Overview of the Amendment of

the Foreign Exchange and Foreign Trade Control Law

1. Purpose of the Amendment

In order to liberalize cross-border transactions to an extent consistent with global standard, and to further vitalize Japanese financial and capital market, we conducted a fundamental review of the Foreign Exchange Control System and have decided to abolish, in principle, (1) permission and prior notification required on capital transactions and (2) the authorized foreign exchange bank system and the money exchanger system.

2. Overview of the Law

(1) Name change

The word "Control" will be deleted. The revised name will be "Foreign Exchange and Foreign Trade Law."

(2) Chapter 1- General Provisions

(a) Definition

"Electronic money" will be included in the definition of the means of payment.

(b) Foreign exchange rates

Previous provisions concerning the fixed foreign exchange rate system, such as the selling and buying rates of foreign currencies, will be eliminated and replaced by the following sentence. "Authorities make efforts to stabilize the foreign exchange rate through such actions as buying or selling the means of payment."

(3) Chart 2- Authorized Foreign Exchange Banks and Money Exchangers

In order to liberalize foreign exchange business, foreign exchange banks and money exchangers will no longer need permission from authorities. At the same time, the designated securities firm system will also be abolished.

(4) Chart 3- Payment and Receipt of Payments

(a) Method of payment for cross-border transactions

Permission required to engage in netting and other settlements by special method will be abolished and free cross-border payments will be effected.

(b) Conditions necessitating permission

In view of the international requirements regarding the effective implementation of economic sanctions, we will review those conditions where permission is required to make remittances abroad or engage in other external transactions. This will be done to assure the effectiveness of economic sanctions.

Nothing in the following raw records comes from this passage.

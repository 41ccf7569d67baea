-- ===== src/Allocation/Model.antt =====
-- The tables, errors and parameters of packages/database/src/domain/allocation-engine.ts.
use Prim.Native.String.{String}
use d_n_i_p.Prelude.{
  ℕ, ℤ, Bool, true, false, ◌&&◌, Option, none, some, List, [], ◌∷◌, ◌++◌, ◌==◌, find?, count_where,
}
use d_n_i_p.Text.{Text}
use d_n_i_p.Json.{Json, Fields, Segment, assert_safe}
use d_n_i_p.Entitlement.Model.{Entitlement, EntitlementStatus, FulfillmentType}

pub data AllocationStatus : Type 0 where
  pending active deactivation_pending deactivated rejected : AllocationStatus

pub data ProviderAccountStatus : Type 0 where
  active exhausted suspended : ProviderAccountStatus

pub record Provider : Type 0 where
  pub id : ℕ
  pub code : String
  pub is_active : Bool

pub record Account : Type 0 where
  pub id : ℕ
  pub provider_id : ℕ
  pub name : Text
  pub external_reference : Option Text
  pub total_capacity : ℤ
  pub status : ProviderAccountStatus
  pub metadata : Fields

pub record Allocation : Type 0 where
  pub id : ℕ
  pub entitlement_id : ℕ
  pub provider_id : ℕ
  pub provider_account_id : Option ℕ
  pub user_id : ℕ
  pub normalized_domain : ℕ
  pub status : AllocationStatus
  pub activated_at : Option ℕ
  pub deactivated_at : Option ℕ
  pub metadata : Fields

-- The audit rows, by `action`, with their `details`.
pub data Event : Type 0 where
  requested : (entitlement_id normalized_domain : ℕ) (code : String) (provider_id : ℕ) → Event
  activated : (entitlement_id account_id normalized_domain : ℕ) (notes : Option Text) → Event
  rejected : (entitlement_id : ℕ) (reason : Text) → Event
  deactivation_requested : (entitlement_id normalized_domain : ℕ) (reason : Option Text) → Event
  deactivated :
      (entitlement_id : ℕ) (account_id : Option ℕ) (normalized_domain : ℕ) (notes : Option Text)
      → Event
  deactivation_required :
      (entitlement_id : ℕ) (entitlement_status : EntitlementStatus) (account_id : Option ℕ)
      (normalized_domain worker_id : ℕ)
      → Event
  account_created :
      (provider_id : ℕ) (name : Text) (total_capacity : ℤ) (status : ProviderAccountStatus) → Event
  account_updated :
      (name : Text) (previous_capacity new_capacity : ℤ)
      (previous_status new_status : ProviderAccountStatus) (reference_changed : Bool)
      → Event

pub record AuditRow : Type 0 where
  pub entity_id : ℕ
  pub actor_id : Option ℕ
  pub event : Event

pub record Store : Type 0 where
  pub entitlements : List Entitlement
  pub providers : List Provider
  pub accounts : List Account
  pub allocations : List Allocation
  pub audit_rows : List AuditRow

-- The messages of AllocationEngineError.
pub data AllocationError : Type 0 where
  unsafe_metadata : List Segment → AllocationError
  invalid_domain : AllocationError
  entitlement_not_found entitlement_not_owned entitlement_is_revoked : AllocationError
  entitlement_is_expired entitlement_has_expired : AllocationError
  entitlement_not_active : EntitlementStatus → AllocationError
  wrong_fulfillment_type : FulfillmentType → AllocationError
  no_positive_seats : AllocationError
  capacity_reached : (max_activations : ℤ) (active : ℕ) → AllocationError
  already_allocated : ℕ → AllocationStatus → AllocationError
  provider_inactive : AllocationError
  domain_taken : ℕ → AllocationError
  allocation_not_found allocation_already_active allocation_not_owned : AllocationError
  invalid_transition : AllocationStatus → AllocationError
  parent_not_found parent_has_expired : AllocationError
  parent_not_active : EntitlementStatus → AllocationError
  seats_invalid account_not_found account_of_other_provider : AllocationError
  account_not_active : ProviderAccountStatus → AllocationError
  account_exhausted : (total_capacity : ℤ) (consumed : ℕ) → AllocationError
  name_required capacity_not_positive created_exhausted : AllocationError
  capacity_below_consumed : (new_capacity : ℤ) (consumed : ℕ) → AllocationError

abbrev pub is_pending : AllocationStatus → Bool
is_pending AllocationStatus.pending = true
is_pending _ = false

abbrev pub is_running : AllocationStatus → Bool
is_running AllocationStatus.active = true
is_running _ = false

abbrev pub is_deactivation_pending : AllocationStatus → Bool
is_deactivation_pending AllocationStatus.deactivation_pending = true
is_deactivation_pending _ = false

-- PROVIDER_CAPACITY_CONSUMING_STATUSES
abbrev pub consumes : AllocationStatus → Bool
consumes AllocationStatus.active = true
consumes AllocationStatus.deactivation_pending = true
consumes _ = false

-- PENDING, ACTIVE and DEACTIVATION_PENDING
abbrev pub is_open : AllocationStatus → Bool
is_open AllocationStatus.deactivated = false
is_open AllocationStatus.rejected = false
is_open _ = true

abbrev pub is_account : ℕ → Option ℕ → Bool
is_account i none = false
is_account i (some j) = j == i

abbrev pub on_account : ℕ → Allocation → Bool
on_account i a = is_account i a.provider_account_id && consumes a.status

abbrev pub open_on : ℕ → Allocation → Bool
open_on eid a = a.entitlement_id == eid && is_open a.status

abbrev pub open_at : ℕ → ℕ → Allocation → Bool
open_at eid domain a = a.entitlement_id == eid && a.normalized_domain == domain && is_open a.status

abbrev pub active_in : ℕ → ℕ → Allocation → Bool
active_in pid domain a =
    a.provider_id == pid && a.normalized_domain == domain && is_running a.status

abbrev pub consumed : ℕ → List Allocation → ℕ
consumed i = count_where (on_account i)

abbrev pub find_allocation : ℕ → List Allocation → Option Allocation
find_allocation i = find? (λ a. a.id == i)

abbrev pub find_account : ℕ → List Account → Option Account
find_account i = find? (λ a. a.id == i)

abbrev pub write_audit : ℕ → Option ℕ → Event → Store → Store
write_audit entity actor e s = record s {
  audit_rows = s.audit_rows ++ record { entity_id = entity; actor_id = actor; event = e } ∷ [];
}

-- `if (params.metadata !== undefined && params.metadata !== null) assertSafeMetadata(…)`
unfoldable pub metadata_error : Option Fields → Option AllocationError
metadata_error none = none
metadata_error (some fs) = elim (assert_safe (Json.object fs) []) [
  | none ↦ none
  | some path ↦ some (AllocationError.unsafe_metadata path)
]

-- `params.metadata || {}`
abbrev pub or_empty : Option Fields → Fields
or_empty none = Fields.end
or_empty (some fs) = fs

abbrev pub text_or_null : Option Text → Json
text_or_null none = Json.null
text_or_null (some []) = Json.null
text_or_null (some (c ∷ s)) = Json.string (c ∷ s)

(c) Identification requirements for banks

In the case where a customer is required to get permission before conducting foreign exchange transactions, bank and other financial institutions specified by government ordinance (hereinafter "the Banks") will be obliged to ascertain whether the customer possesses the required permission. This proposition applies to foreign exchange transactions by the Postal service.

(d) Prior notification requirements for the export and import of the means of payment

A person who intends to export or import the means of payment is required to make prior notification of the details, except in the cases specified by government ordinance.

(5) Chapter 4-Capital Transactions

(a) Abolishment of permission and prior notification requirements in principle

To enable free capital transactions, permissions and prior notification required on capital transactions will be abolished.

(b) Conditions necessitating permission

In view of the international requirements regarding the effective implementation of economic sanctions, we will review those conditions where permissions is required from the Finance Minister and other ministers in charge of capital transactions.

(c) Account for special international finance transactions

The acquisition from non-residence of securities issued by non-residents will be included in the transactions in the account for special international finance transactions.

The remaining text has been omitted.